When Does Area Equal Perimeter?

A slightly different approach to the other solutions is to start from Euclid's formula for Pythagorean triples.

Any integer sided right-angled triangle has sides that can be written as $t(u^2-v^2)$ , $2tuv$ and $t(u^2+v^2)$ for some integers $u>v>0$ and $t>0$ .

These give an area of $t^2 uv(u^2-v^2)$ and perimeter $2tu(u+v)$ . Equating these, we find

$tv(u-v)=2$

It's pretty quick to check cases; if $t=2$ then $v=u-v=1$ so $u=2$ , $v=1$ and the sides are $(6,8,10)$ .

If $v=2$ we need $t=u-v=1$ , so $u=3$ ; this gives the sides $(5,12,13)$

If $u-v=2$ , $t=v=1$ and $u=3$ ; this again gives sides $(8,6,10)$ (which we've already had).

So the only two triangles are $(6,8,10)$ and $(5,12,130$ , giving the answer $\boxed{54}$ .

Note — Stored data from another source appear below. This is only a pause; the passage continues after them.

-- ===== src/Formats/Groups.antt =====
-- The groups of an account as numbers, against the list of the types that the dictionary has for them
-- (src/accounts.hpp).
use obmc_yadro_webapp.Prelude.{
  ℕ, ◌≡◌, ◌≢◌, ◌<◌, refl, inl, inr, Option, none, some, List, [], ◌∷◌, map, All, Eq, ◌==◌, nat_eq,
  text_eq, lookup, arith, Bool-cases, if◌then◌else◌,
}
use mathlib.Core.Path.{subst}
use obmc_yadro_webapp.Prelude.Int.{ℤ, pos}
use obmc_yadro_webapp.Prelude.Text.{Text}
use obmc_yadro_webapp.Entity.{strings, ints, int32, as_int}
use obmc_yadro_webapp.Formats.Base.{format_value_from_dict, raw_string}
use obmc_yadro_webapp.Formats.Parts.{
  AccountType, account_type_to_int, account_type_dict, account_types, emplace_int, int_of, is_int,
  ints_of, format_account_types,
}

-- The types of the groups that the dictionary names.
unfoldable pub known_types : List Text → List AccountType
known_types [] = []
known_types (group ∷ groups) =
    let rest = known_types groups in
    elim (lookup group account_type_dict) [ none ↦ rest | some type ↦ type ∷ rest ]

unfoldable pub to_ints : List AccountType → List ℤ
to_ints types = map (λ type. pos (account_type_to_int type)) types

lookup-All :
    {K V : Type 0} ⦃e : Eq K⦄ (P : V → Type 0) (k : K) (m : List (K × V)) (v : V)
    → All (λ entry. P entry.1) m
    → lookup k m ≡ some v
    → P v
unfolding lookup
lookup-All P k [] v h found = absurd (ground arith)
lookup-All P k ((j, w) ∷ m) v h found = elim (Bool-cases (j == k)) [
  | inl same ↦ subst P (ground arith) h.0
  | inr other ↦ lookup-All P k m v h.1 (ground arith)
]

account_type-lt :
    (group : Text) (type : AccountType)
    → lookup group account_type_dict ≡ some type
    → account_type_to_int type < 8
unfolding account_type_dict account_type_to_int
account_type-lt group type found =
    lookup-All (λ t. account_type_to_int t < 8) group account_type_dict type
      (omega arith, (omega arith, (omega arith, (omega arith, (omega arith, tt))))) found

turn :
    (n : ℕ) (rest : Option (List ℤ)) (ns : List ℤ)
    → n < 8
    → rest ≡ some ns
    → (if n == 8 then rest else emplace_int (some (pos n)) rest) ≡ some (pos n ∷ ns)
unfolding emplace_int
turn n rest ns h e = rw e (ground arith)

-- One turn of the loop, by what the dictionary has for the group.
account_type_step :
    (listed : Option AccountType) (rest : Option (List ℤ)) (types : List AccountType)
    → ((type : AccountType) → listed ≡ some type → account_type_to_int type < 8)
    → rest ≡ some (to_ints types)
    → elim (int_of (
        some (
          int32 (
            pos
              (account_type_to_int (elim listed [ none ↦ AccountType.unknown | some v ↦ v ])))))) [
                | none ↦ none
                | some n ↦
                    if is_int (account_type_to_int AccountType.unknown) n
                    then rest
                    else emplace_int (some n) rest
              ]
      ≡ some (to_ints (elim listed [ none ↦ types | some type ↦ type ∷ types ]))
unfolding int_of is_int emplace_int to_ints as_int account_type_to_int
account_type_step none rest types h e = e
account_type_step (some type) rest types h e =
    turn (account_type_to_int type) rest (to_ints types) (h type refl) e

account_types_lem :
    (groups : List Text) → account_types groups ≡ some (to_ints (known_types groups))
unfolding account_types known_types to_ints raw_string format_value_from_dict
account_types_lem [] = refl
account_types_lem (group ∷ groups) =
    account_type_step (lookup group account_type_dict) (account_types groups) (known_types groups)
      (account_type-lt group) (account_types_lem groups)

known_type :
    (group : Text) (type : AccountType)
    → lookup group account_type_dict ≡ some type
    → type ≢ AccountType.unknown
unfolding account_type_to_int
known_type group type found e =
    let below = subst (λ t. account_type_to_int t < 8) e (account_type-lt group type found) in
    absurd (omega arith)

known_types_step :
    (listed : Option AccountType) (types : List AccountType)
    → ((type : AccountType) → listed ≡ some type → type ≢ AccountType.unknown)
    → All (λ type. type ≢ AccountType.unknown) types
    → All
        (λ type. type ≢ AccountType.unknown)
        (elim listed [ none ↦ types | some type ↦ type ∷ types ])
known_types_step none types h all = all
known_types_step (some type) types h all = (h type refl, all)

known_types-All :
    (groups : List Text) → All (λ type. type ≢ AccountType.unknown) (known_types groups)
unfolding known_types
known_types-All [] = tt
known_types-All (group ∷ groups) =
    known_types_step (lookup group account_type_dict) (known_types groups) (known_type group)
      (known_types-All groups)

-- The groups of an account become the types that the dictionary names, in the order of the groups,
-- and the others are left out: no exception, and never the type of an unknown group.
format_account_types_lem :
    (groups : List Text)
    → (format_account_types (strings groups) ≡ some (ints (to_ints (known_types groups))))
      × All (λ type. type ≢ AccountType.unknown) (known_types groups)
unfolding format_account_types ints_of
format_account_types_lem groups = (rw (account_types_lem groups) refl, known_types-All groups)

Incidentally, shapes with the property of having (numerically) equal area and perimeter are known as " equable ", and seem to have been around for quite a while (according to the linked article, an extension of this problem to general integer sided triangles was discussed in 1858 and solved in 1904).

Let the sides of the right triangle be $x,y$ and $\sqrt{x^2+y^2}$ . Then the perimeter of the triangle is $x+y+\sqrt{x^2+y^2}$ and its area is $\frac{xy}{2}$ .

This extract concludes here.